Coordination in Space:

• Regional Power Grid Behaviors: Power responses, natural stability problems within the grid, transmission congestion, and regulatory scopes can happen over distances from thousands of kilometers down to tens of meters (>5 orders of spatial magnitude).

The Weather: yep, complicated too...

The weather systems that we deal with have their own orders of magnitude in time and space. Let's compare the time and space for weather phenomena in the following graphic. We saw this image in Lesson 3; but now, we can see that those time and space scales above actually fit with the scales right here, described by Ted Fujita. Notice the line that trends through the data of clouds (which are the nemeses of solar energy...). From a fit of $17\ m/s$, we have a quick conversion tool to flip between characteristic time scales and characteristic distance scales! Just remember $17\ m/s$ as the FRYB relation (Fujita-Rayl-Young-Brownson), and how to convert time from hours to seconds (3600 seconds in an hour), or kilometers to meters (you don't need that conversion, do you?).
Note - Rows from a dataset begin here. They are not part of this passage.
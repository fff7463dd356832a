-- ===== src/Dag/Sort.antt =====
-- TopologicalSort: Kahn's algorithm. A degree is an int, as its 64 bits.
use helion_v.Prelude.{
  ℕ, zero, suc, ◌+◌, ◌-◌, ◌%◌, ◌^◌, String, Option, none, some, List, [], ◌∷◌, ◌++◌, Assoc, lookup,
  insert, length, ◌==◌, if◌then◌else◌,
}
use helion_v.Workflow.{WorkflowJob}

-- A missing key reads as the zero value.
unfoldable pub degree : Assoc ℕ → String → ℕ
degree m k = elim (lookup k m) [ none ↦ 0 | some d ↦ d ]

unfoldable pub children : Assoc (List String) → String → List String
children m k = elim (lookup k m) [ none ↦ [] | some xs ↦ xs ]

pub record Graph : Type 0 where
  pub in_degree : Assoc ℕ
  pub downstream : Assoc (List String)

-- The loop over one job's dependencies.
unfoldable pub add_deps : String → List String → Graph → Graph
add_deps name [] g = g
add_deps name (dep ∷ deps) g = add_deps name deps (record {
  in_degree = insert name ((degree g.in_degree name + 1) % 2 ^ 64) g.in_degree;
  downstream = insert dep (children g.downstream dep ++ name ∷ []) g.downstream;
})

-- `if _, ok := inDegree[j.Name]; !ok { inDegree[j.Name] = 0 }`
abbrev pub declare : String → Graph → Graph
declare name g = elim (lookup name g.in_degree) [
  | none ↦ record g { in_degree = insert name 0 g.in_degree }
  | some _ ↦ g
]

unfoldable pub build_graph : List WorkflowJob → Graph → Graph
unfolding add_deps
build_graph [] g = g
build_graph (j ∷ js) g = build_graph js (add_deps j.name j.depends_on (declare j.name g))

abbrev pub empty_graph : Graph
empty_graph = record { in_degree = []; downstream = [] }

-- The seed of the queue.
unfoldable pub seed : List WorkflowJob → Assoc ℕ → List String
seed [] degrees = []
seed (j ∷ js) degrees =
    let rest = seed js degrees in if degree degrees j.name == 0 then j.name ∷ rest else rest

-- `inDegree[child]--`
abbrev pub decrement : ℕ → ℕ
decrement d = (d + (2 ^ 64 - 1)) % 2 ^ 64

-- The loop over the children of a name.
unfoldable pub visit : List String → Assoc ℕ → List String → Assoc ℕ × List String
visit [] degrees queue = (degrees, queue)
visit (child ∷ rest) degrees queue =
    let d = decrement (degree degrees child) in
    visit rest (insert child d degrees) (if d == 0 then queue ++ child ∷ [] else queue)

-- The loop over the queue. `none` means that the fuel ran out.
unfoldable pub drain :
    ℕ → Assoc (List String) → List String → Assoc ℕ → List String → Option (List String)
drain zero down queue degrees sorted = none
drain (suc fuel) down [] degrees sorted = some sorted
drain (suc fuel) down (name ∷ queue) degrees sorted =
    let (degrees', queue') = visit (children down name) degrees queue in
    drain fuel down queue' degrees' (sorted ++ name ∷ [])

pub data Sorted : Type 0 where
  order : List String → Sorted
  cycle : Sorted
  unfinished : Sorted

-- `if len(sorted) != len(jobs)`
abbrev pub check_complete : ℕ → Option (List String) → Sorted
check_complete n none = unfinished
check_complete n (some sorted) = if length sorted == n then order sorted else cycle

-- TopologicalSort
unfoldable pub topological_sort : List WorkflowJob → Sorted
unfolding build_graph seed drain visit degree children
topological_sort jobs =
    let g = build_graph jobs empty_graph in
    check_complete (length jobs)
      (drain (length jobs + 1) g.downstream (seed jobs g.in_degree) g.in_degree [])
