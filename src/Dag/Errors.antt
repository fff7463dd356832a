-- ===== src/Dag/Errors.antt =====
-- The errors of internal/cluster/dag.go, without the names that their texts carry.
pub data DagError : Type 0 where
  empty_name duplicate_name self_dep unknown_dep has_cycle : DagError
  unreachable_from malformed_from unknown_from from_not_ancestor from_unknown_output : DagError
  out_of_fuel : DagError
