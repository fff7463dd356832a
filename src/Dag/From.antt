-- ===== src/Dag/From.antt =====
-- validateFromReferences (internal/cluster/dag.go).
use mathlib.Core.List.{reverse}
use helion_v.Prelude.{
  ℕ, zero, suc, ◌+◌, String, Bool, true, false, Option, none, some, List, [], ◌∷◌, ◌++◌, Assoc,
  lookup, insert, length, contains, str_eq, if◌then◌else◌, not, ◌||◌,
}
use helion_v.Job.{ArtifactBinding}
use helion_v.Workflow.{DependencyCondition, on_success, WorkflowJob}
use helion_v.Dag.Errors.{
  DagError, unreachable_from, malformed_from, unknown_from, from_not_ancestor, from_unknown_output,
  out_of_fuel,
}
use helion_v.Dag.DotRef.{split_dot_ref}

-- byName, as the loop builds it.
unfoldable pub by_name : List WorkflowJob → Assoc WorkflowJob → Assoc WorkflowJob
by_name [] m = m
by_name (j ∷ js) m = by_name js (insert j.name j m)

abbrev pub deps_of : Assoc WorkflowJob → String → List String
deps_of m n = elim (lookup n m) [ none ↦ [] | some up ↦ up.depends_on ]

-- The loop of ancestorsOf. The top of the stack, the slice's end, is the list's head. `none`
-- means that the fuel ran out.
unfoldable pub walk : ℕ → Assoc WorkflowJob → List String → List String → Option (List String)
walk zero m seen stack = none
walk (suc fuel) m seen [] = some seen
walk (suc fuel) m seen (n ∷ stack) =
    let again = walk fuel m seen stack in
    let next = walk fuel m (n ∷ seen) (reverse (deps_of m n) ++ stack) in
    if contains n seen then again else next

unfoldable pub total_deps : List WorkflowJob → ℕ
total_deps [] = 0
total_deps (j ∷ js) = length j.depends_on + total_deps js

-- ancestorsOf
unfoldable pub ancestors : List WorkflowJob → String → Option (List String)
unfolding walk by_name total_deps
ancestors jobs target =
    let m = by_name jobs [] in
    let start = deps_of m target in walk (total_deps jobs + length start + 1) m [] (reverse start)

abbrev pub is_on_success : DependencyCondition → Bool
is_on_success on_success = true
is_on_success _ = false

unfoldable pub declares_output : String → List ArtifactBinding → Bool
declares_output name [] = false
declares_output name (out ∷ outs) = str_eq out.name name || declares_output name outs

-- The checks on the upstream job of a reference.
unfoldable pub check_upstream :
    List WorkflowJob → String → String → String → WorkflowJob → Option DagError
unfolding ancestors declares_output
check_upstream jobs target upstream output up = elim (ancestors jobs target) [
  | none ↦ some out_of_fuel
  | some seen ↦
      if not (contains upstream seen)
      then some from_not_ancestor
      else if not (declares_output output up.outputs)
      then some from_unknown_output
      else none
]

-- One input of a job.
unfoldable pub check_input : List WorkflowJob → WorkflowJob → ArtifactBinding → Option DagError
unfolding split_dot_ref by_name check_upstream
check_input jobs j i =
    let (upstream, output) = split_dot_ref i.from in
    if str_eq i.from ""
    then none
    else if not (is_on_success j.condition)
    then some unreachable_from
    else if str_eq upstream ""
    then some malformed_from
    else elim (lookup upstream (by_name jobs [])) [
      | none ↦ some unknown_from
      | some up ↦ check_upstream jobs j.name upstream output up
    ]

-- The first error of a loop that returns at the first one.
module _ {A : Type 0} (check : A → Option DagError) where
  unfoldable pub first_error : List A → Option DagError
  first_error [] = none
  first_error (x ∷ xs) =
      let rest = first_error xs in elim (check x) [ none ↦ rest | some e ↦ some e ]

-- validateFromReferences
unfoldable pub validate_from_references : List WorkflowJob → Option DagError
unfolding first_error check_input
validate_from_references jobs = first_error (λ j. first_error (check_input jobs j) j.inputs) jobs
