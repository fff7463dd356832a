-- ===== src/Dag/Checks.antt =====
-- ValidateDAG (internal/cluster/dag.go).
use helion_v.Prelude.{
  String, Option, none, some, List, [], ◌∷◌, map, contains, str_eq, if◌then◌else◌, not,
}
use helion_v.Workflow.{WorkflowJob}
use helion_v.Dag.Errors.{
  DagError, empty_name, duplicate_name, self_dep, unknown_dep, has_cycle, out_of_fuel,
}
use helion_v.Dag.Sort.{order, cycle, unfinished, topological_sort}
use helion_v.Dag.From.{first_error, validate_from_references}

abbrev pub job_names : List WorkflowJob → List String
job_names = map (λ j. j.name)

-- The first loop: `seen` are the names so far.
unfoldable pub check_names : List String → List WorkflowJob → Option DagError
check_names seen [] = none
check_names seen (j ∷ js) =
    let rest = check_names (j.name ∷ seen) js in
    if str_eq j.name ""
    then some empty_name
    else if contains j.name seen
    then some duplicate_name
    else rest

abbrev pub check_dep : List String → WorkflowJob → String → Option DagError
check_dep names j dep =
    if str_eq dep j.name
    then some self_dep
    else if not (contains dep names)
    then some unknown_dep
    else none

-- The second loop.
unfoldable pub check_deps : List String → List WorkflowJob → Option DagError
unfolding first_error
check_deps names jobs = first_error (λ j. first_error (check_dep names j) j.depends_on) jobs

unfoldable pub check_cycle : List WorkflowJob → Option DagError
unfolding topological_sort
check_cycle jobs = elim (topological_sort jobs) [
  | order _ ↦ none
  | cycle ↦ some has_cycle
  | unfinished ↦ some out_of_fuel
]

-- `if err := first; err != nil { return err }; second`
abbrev pub and_then : Option DagError → Option DagError → Option DagError
and_then none second = second
and_then (some e) second = some e

-- ValidateDAG. Its early return for no jobs is what the loops give.
unfoldable pub validate_dag : List WorkflowJob → Option DagError
unfolding check_names check_deps check_cycle validate_from_references
validate_dag [] = none
validate_dag (j ∷ js) =
    let jobs = j ∷ js in
    and_then (check_names [] jobs) (
      and_then (check_deps (job_names jobs) jobs)
        (and_then (check_cycle jobs) (validate_from_references jobs)))
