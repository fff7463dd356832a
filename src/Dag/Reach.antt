-- ===== src/Dag/Reach.antt =====
-- Descendants and RootJobs (internal/cluster/dag.go).
use helion_v.Prelude.{
  ℕ, zero, suc, ◌+◌, String, Option, none, some, List, [], ◌∷◌, ◌++◌, Assoc, insert, contains,
  if◌then◌else◌,
}
use helion_v.Workflow.{WorkflowJob}
use helion_v.Dag.Sort.{children}
use helion_v.Dag.From.{total_deps}

unfoldable pub add_children : String → List String → Assoc (List String) → Assoc (List String)
unfolding children
add_children name [] down = down
add_children name (dep ∷ deps) down =
    add_children name deps (insert dep (children down dep ++ name ∷ []) down)

-- The adjacency list.
unfoldable pub downstream_of : List WorkflowJob → Assoc (List String) → Assoc (List String)
unfolding add_children
downstream_of [] down = down
downstream_of (j ∷ js) down = downstream_of js (add_children j.name j.depends_on down)

-- The loop over the children: the new result and queue. `visited` is true of the members of
-- `result`.
unfoldable pub discover : List String → List String → List String → List String × List String
discover [] result queue = (result, queue)
discover (child ∷ rest) result queue =
    let known = discover rest result queue in
    let new = discover rest (result ++ child ∷ []) (queue ++ child ∷ []) in
    if contains child result then known else new

-- The loop over the queue. `none` means that the fuel ran out.
unfoldable pub bfs : ℕ → Assoc (List String) → List String → List String → Option (List String)
unfolding children discover
bfs zero down queue result = none
bfs (suc fuel) down [] result = some result
bfs (suc fuel) down (curr ∷ queue) result =
    let (result', queue') = discover (children down curr) result queue in
    bfs fuel down queue' result'

-- Descendants
unfoldable pub descendants : List WorkflowJob → String → Option (List String)
unfolding downstream_of bfs total_deps
descendants jobs name = bfs (total_deps jobs + 2) (downstream_of jobs []) (name ∷ []) []

-- RootJobs
unfoldable pub root_jobs : List WorkflowJob → List String
root_jobs [] = []
root_jobs (j ∷ js) =
    let rest = root_jobs js in elim j.depends_on [ [] ↦ j.name ∷ rest | _ ∷ _ ↦ rest ]
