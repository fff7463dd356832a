-- ===== src/Dag.antt =====
-- Validation of a workflow's dependencies (internal/cluster/dag.go). The loops run on fuel that
-- is enough for any input.
pub mod Errors
mod DotRef
pub mod DotRefJoin
mod Sort
mod From
mod Checks
mod Reach
pub mod Edges
pub mod ByName
pub mod Ancestry
pub mod Valid
pub mod Accepts
pub mod Ends
pub mod Downstream
pub mod Kahn
unfoldable pub use DotRef.*
unfoldable pub use Sort.*
unfoldable pub use From.*
unfoldable pub use Checks.*
unfoldable pub use Reach.*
Figure 8.2 Logarithmic scales of weather patterns that link spatial scales to time scales. The peaks for "diurnal cycles" are not from weather, but are rather from harmonics in transforming the diurnal behavior of day-night across a year into periods or frequencies. By inspection of the phenomena on Earth, we can identify an average advection rate of 17 meters per second, which becomes our conversion tool.

Credit: Jeffrey R. S. Brownson © Penn State University is licensed under CC BY-NC-SA 4.0 [18]

Overlaying the Grid with the Weather

Now that we know a few things about the scales of time and space for the power grid (using CAISO and WECC for scale), we can compare it with the weather scales. Look to the top and right for the von Meier scales, and the core diagram in the center for the Fujita scales. The diagram on the lower portion shows us a rough sketch of the power spectral density for the meteorological spans of synoptic, mesoscale, and microscale weather.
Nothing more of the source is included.